The randomized, double-blind isavuconazole study (SECURE) achieved its primary objective in demonstrating non-inferiority versus voriconazole for the primary treatment of invasive fungal disease caused by Aspergillus species or certain other filamentous fungi. Isavuconazole was effective as determined by the primary endpoint of all-cause mortality through day 42 in the intent-to-treat population (N=516). The all-cause-mortality was 18.6% in the isavuconazole treatment group and 20.2% in the voriconazole group.
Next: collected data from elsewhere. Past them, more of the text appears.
-- ===== src/MarketData/Validation/Step.antt =====
-- One round of the validator, taken apart: a report of an error, or a candle that is placed.
use mytradingsystem.Base.{
  ℕ, ℤ, ◌≡◌, ◌≤◌, ok, arith, List, [], ◌∷◌, ◌++◌, true, false, some, none, Option, inl, inr,
  Bool-cases, Result, refl, ltb, ltb_ℤ, sym, subst, ok_injective, lookup, any, instant, is_naive,
  pos, ◌+ℤ◌, append-nil, ◌>>=◌,
}
use mytradingsystem.MarketData.Validation.{
  RawCandle, QualityEvent, EventCode, is_error, State, Clock, validate_one, place, after_previous,
  report, report_gap, stream_of, stream_keys, feed_gap, out_of_order, duplicate, invalid_timestamp,
  seconds, same_identity, identity_of, marked, ValidateError,
}

-- A time that is not before the stream's previous one.
abbrev pub Fits : Option ℕ → ℕ → Type 0
Fits none t = Unit {0}
Fits (some p) t = p ≤ t

-- The candle is placed on a state that is the marked one but for a warning.
pub record Warned (c : Clock) (raw : RawCandle) (s s₁ : State) : Type 0 where
  pub same_accepted : s₁.accepted ≡ s.accepted
  pub same_seen : s₁.seen ≡ s.seen
  pub same_previous : s₁.previous_by_stream ≡ s.previous_by_stream
  pub warnings : List QualityEvent
  pub events : s₁.events ≡ s.events ++ warnings
  pub warn_only : any (λ e. is_error e.code) warnings ≡ false

-- The results of a round.
pub data Step (c : Clock) (raw : RawCandle) (s : State) : State → Type 0 where
  reports : (code : EventCode) → is_error code ≡ true → Step c raw s (report c raw code s)
  reports_marked :
      (code : EventCode) → is_error code ≡ true → Step c raw s (report c raw code (marked raw s))
  places :
      (s₁ : State)
      → any (same_identity (identity_of raw)) s.seen ≡ false
      → Fits (lookup (stream_of raw) s.previous_by_stream) (instant raw.timestamp)
      → Warned c raw (marked raw s) s₁
      → Step c raw s (place c raw (instant raw.timestamp) s₁)

unwarned : (c : Clock) (raw : RawCandle) (s : State) → Warned c raw s s
unwarned c raw s = record {
  same_accepted = refl;
  same_seen = refl;
  same_previous = refl;
  warnings = [];
  events = sym (append-nil s.events);
  warn_only = refl;
}

abbrev after_gap : Clock → RawCandle → Option ℤ → State → Result ValidateError State
after_gap c raw m s = report_gap c raw m s >>= λ s'. ok (place c raw (instant raw.timestamp) s')

after_gap-Step :
    (c : Clock) (raw : RawCandle) (m : Option ℤ) (s : State) {s' : State}
    → any (same_identity (identity_of raw)) s.seen ≡ false
    → Fits (lookup (stream_of raw) s.previous_by_stream) (instant raw.timestamp)
    → after_gap c raw m (marked raw s) ≡ ok s'
    → Step c raw s s'
after_gap-Step c raw none s new fits h = absurd (ground arith)
after_gap-Step c raw (some m) s new fits h = subst (Step c raw s) (ok_injective h) (
    places (report c raw (feed_gap m) (marked raw s)) new fits (record {
      same_accepted = refl;
      same_seen = refl;
      same_previous = refl;
      warnings = _ ∷ [];
      events = refl;
      warn_only = refl;
    }))

after_previous-Step :
    (c : Clock) (raw : RawCandle) (p : Option ℕ) (s : State) {s' : State}
    → any (same_identity (identity_of raw)) s.seen ≡ false
    → lookup (stream_of raw) s.previous_by_stream ≡ p
    → after_previous c raw (instant raw.timestamp) p (marked raw s) ≡ ok s'
    → Step c raw s s'
unfolding after_previous
after_previous-Step c raw none s new found h = subst (Step c raw s) (ok_injective h) (
    places (marked raw s) new (subst (λ p. Fits p (instant raw.timestamp)) (sym found) tt)
      (unwarned c raw (marked raw s)))
after_previous-Step c raw (some p) s new found h =
    elim (Bool-cases (ltb (instant raw.timestamp) p)) [
      | inl early ↦
          subst (Step c raw s) (ok_injective (rw early at h)) (reports_marked (out_of_order p) refl)
      | inr late ↦
          let fits : Fits (lookup (stream_of raw) s.previous_by_stream) (instant raw.timestamp) =
            subst (λ q. Fits q (instant raw.timestamp)) (sym found) (ground arith) in
          let after = rw late at h in
          elim (Bool-cases
            (ltb_ℤ (pos p +ℤ seconds raw.timeframe_seconds) (pos (instant raw.timestamp)))) [
              | inl gap ↦ after_gap-Step c raw _ s new fits (rw gap at after)
              | inr on_time ↦
                  subst (Step c raw s) (ok_injective (rw on_time at after))
                    (places (marked raw s) new fits (unwarned c raw (marked raw s)))
            ]
    ]

pub validate_one-Step :
    (c : Clock) (raw : RawCandle) (s : State) {s' : State}
    → validate_one c raw s ≡ ok s'
    → Step c raw s s'
unfolding validate_one
validate_one-Step c raw s h = elim (Bool-cases (is_naive raw.timestamp)) [
  | inl bad ↦ subst (Step c raw s) (ok_injective (rw bad at h)) (reports invalid_timestamp refl)
  | inr good ↦
      let after = rw good at h in
      elim (Bool-cases (any (same_identity (identity_of raw)) s.seen)) [
        | inl old ↦ subst (Step c raw s) (ok_injective (rw old at after)) (reports duplicate refl)
        | inr new ↦ after_previous-Step c raw _ s new refl (rw new at after)
      ]
]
The 95% confidence interval of the treatment difference between isavuconazole and voriconazole was within the pre-specified non-inferiority margin of 10%.
In addition, the key secondary endpoint of overall success rate (composite of clinical, mycological, radiological responses) at the end-of-therapy in patients with proven/probable disease was similar between isavuconazole and voriconazole (35.0% and 36.4%, respectively). This outcome was based on a blinded assessment by the Independent Data Review Committee.
Overall drug- and non-drug-related adverse events were reported in 96.1% and 98.5% of patients in the isavuconazole and voriconazole treatment groups, respectively. The most frequent adverse events reported were nausea, vomiting, pyrexia (fever), diarrhoea, and hypokalaemia (deficiency of potassium in the blood) which were reported at similar rates in both treatment groups. Study drug-related adverse events were reported in 42.4% and 59.8% of patients in the isavuconazole and voriconazole treatment groups, respectively.
Basilea’s CEO Ronald Scott commented: “The successful completion of this study is a major achievement and an important milestone for our company. Invasive aspergillosis is a life-threatening disease primarily afflicting immunocompromised patients. There is a great medical need for new antifungal agents to treat these critically ill patients. The results from this isavuconazole study (SECURE) represent an important step in the development of this potential new treatment option for patients suffering from invasive aspergillosis.”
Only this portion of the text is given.